• _What the task requires_
Output, word for word, the span of lines that starts at the one containing "monitor_target_ignored service u" and ends at the last line of the records.
● ● ● ● ● ● ●
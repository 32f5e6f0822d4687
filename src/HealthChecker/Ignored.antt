-- ===== src/HealthChecker/Ignored.antt =====
-- The checks of a target whose balancer is a weighted or a least-connections one, the two that
-- `UpdateTargetHealth` has no case for.
use corridor.Prelude.{
  ℕ, ◌<◌, ◌≡◌, refl, sym, ◌∙◌, ap, subst, List, [], ◌∷◌, Option, none, some, Bool, true, false, In,
  Bool-cases, inl, inr, ok,
}
use corridor.Prelude.Int.{pos, ◌≤ℤ◌}
use corridor.Prelude.Text.{Text}
use corridor.Prelude.Dict.{lookup}
use corridor.Config.{HealthCheckConfig}
use corridor.LoadBalancer.Target.{Url, Store, is_healthy}
use corridor.LoadBalancer.Next.{
  LoadBalancer, round_robin, random, weighted_random, least_connections, targets, next,
}
use corridor.LoadBalancer.Available.{Draws, HasRoom, next-IsLive}
use corridor.Proxy.{Balancers}
use corridor.Proxy.Health.{IsUpdatable, update_target_health_ignored}
use corridor.HealthChecker.Hysteresis.{record_results, times, record_results_flip}
use corridor.HealthChecker.Probe.{Network, perform_check}
use corridor.HealthChecker.Sync.{
  with_result, results, record_result-target_url, record_result-config, record_result-service_name,
}
use corridor.HealthChecker.{
  TargetStatus, initial_status, record_result, same_health, reported, process_check_result,
  check_target, monitor_target, start_target,
}

HasRoom-drawing : (lb : LoadBalancer) → ¬ IsUpdatable lb → HasRoom lb
HasRoom-drawing (round_robin name ts i) no_case = absurd (no_case tt)
HasRoom-drawing (random name ts) no_case = absurd (no_case tt)
HasRoom-drawing (weighted_random name ts) no_case = tt
HasRoom-drawing (least_connections name ts) no_case = tt

module _ (url_string : Url → Text) (lbs : Balancers) (lb : LoadBalancer)
    (no_case : ¬ IsUpdatable lb) where
  process_check_result_ignored :
      (r : Bool) (s : TargetStatus) (h : Store)
      → lookup s.service_name lbs ≡ some lb
      → process_check_result url_string lbs r (s, h) ≡ (record_result r s, h)
  unfolding process_check_result
  process_check_result_ignored r s h known =
      let s' = record_result r s in
      elim (Bool-cases (same_health s'.is_healthy s.is_healthy)) [
        | inl same ↦ rw same refl
        | inr changed ↦
            rw
              (
                changed,
                update_target_health_ignored url_string lbs s.service_name s.target_url
                    s'.is_healthy h lb known no_case,
              )
              refl
      ]

  -- The status follows the results, and the proxy's targets stay as they were.
  abbrev AllIgnored : List Network → Type 0
  AllIgnored nets =
      (s : TargetStatus) (h : Store)
      → lookup s.service_name lbs ≡ some lb
      → monitor_target url_string lbs nets (s, h)
        ≡ (record_results (results s.target_url s.config nets) s, h)

  reported_ignored :
      (nets : List Network)
      → AllIgnored nets
      → (o : Option Bool) (s : TargetStatus) (h : Store) → lookup s.service_name lbs ≡ some lb
      → monitor_target url_string lbs nets (reported url_string lbs o (s, h))
        ≡ (record_results (with_result o (results s.target_url s.config nets)) s, h)
  unfolding record_results
  reported_ignored nets rest none s h known = rest s h known
  reported_ignored nets rest (some r) s h known =
      let s' = record_result r s in
      ap (monitor_target url_string lbs nets) (process_check_result_ignored r s h known)
      ∙ rest s' h (ap (λ n. lookup n lbs) (record_result-service_name r s) ∙ known)
      ∙ ap (λ u. (record_results (results u s'.config nets) s', h)) (record_result-target_url r s)
      ∙ ap (λ c. (record_results (results s.target_url c nets) s', h)) (record_result-config r s)

  monitor_target-AllIgnored : (nets : List Network) → AllIgnored nets
  unfolding monitor_target check_target record_results
  monitor_target-AllIgnored [] s h known = refl
  monitor_target-AllIgnored (net ∷ nets) s h known =
      reported_ignored nets (monitor_target-AllIgnored nets)
        (perform_check net s.target_url s.config) s h known

  started_ignored :
      (service u : Text) (hc : HealthCheckConfig) (nets : List Network) (h : Store)
      → lookup service lbs ≡ some lb
      → monitor_target url_string lbs nets (start_target url_string lbs service u hc h)
        ≡ (record_results (results u hc nets) (initial_status service u hc), h)
  unfolding start_target
  started_ignored service u hc nets h known =
      rw (update_target_health_ignored url_string lbs service u true h lb known no_case)
        (monitor_target-AllIgnored nets (initial_status service u hc) h known)

  -- The one live target of a balancer.
  next_only :
      (h : Store) (intn : ℕ → ℕ) (b : ℕ)
      → Draws intn
      → targets lb ≡ b ∷ []
      → is_healthy h b ≡ true
      → (next h intn lb).0 ≡ ok b
  next_only h intn b draws only well =
      let listed : In b (targets lb) = subst (In b) (sym only) (inl refl) in
      let (a, e, live) =
        next-IsLive h intn lb b draws (HasRoom-drawing lb no_case) (listed, well) in
      elim (subst (In a) only live.0) [ inl same ↦ e ∙ ap ok same | inr never ↦ elim never [ ] ]

  -- For a service whose weighted or least-connections balancer has one target, at first healthy:
  -- after the checker started on it and after as many failed checks in a row as its threshold, at
  -- least one, the checker's status of the target is unhealthy, and with draws in range the next
  -- pick of the balancer is still that target.
  pub monitor_target_ignored :
      (service u : Text) (hc : HealthCheckConfig) (nets : List Network) (n : ℕ) (h : Store)
      (intn : ℕ → ℕ) (b : ℕ)
      → lookup service lbs ≡ some lb
      → targets lb ≡ b ∷ []
      → is_healthy h b ≡ true
      → Draws intn
      → 0 < n
      → hc.unhealthy_threshold ≤ℤ pos n
      → results u hc nets ≡ times n false
      → ((monitor_target url_string lbs nets
            (start_target url_string lbs service u hc h)).0.is_healthy
          ≡ false)
        × ((next
              (monitor_target url_string lbs nets (start_target url_string lbs service u hc h)).1
              intn
              lb).0
            ≡ ok b)
  monitor_target_ignored service u hc nets n h intn b known only well draws some_check enough
        failed =
      let out = started_ignored service u hc nets h known in
      (
        ap (λ st. st.0.is_healthy) out
            ∙ ap (λ rs. (record_results rs (initial_status service u hc)).is_healthy) failed
            ∙ record_results_flip false n (initial_status service u hc) some_check enough,
        ap (λ st. (next st.1 intn lb).0) out ∙ next_only h intn b draws only well,
      )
● ● ● ● ● ● ●
• _The answer_
  monitor_target_ignored service u hc nets n h intn b known only well draws some_check enough
        failed =
      let out = started_ignored service u hc nets h known in
      (
        ap (λ st. st.0.is_healthy) out
            ∙ ap (λ rs. (record_results rs (initial_status service u hc)).is_healthy) failed
            ∙ record_results_flip false n (initial_status service u hc) some_check enough,
        ap (λ st. (next st.1 intn lb).0) out ∙ next_only h intn b draws only well,
      )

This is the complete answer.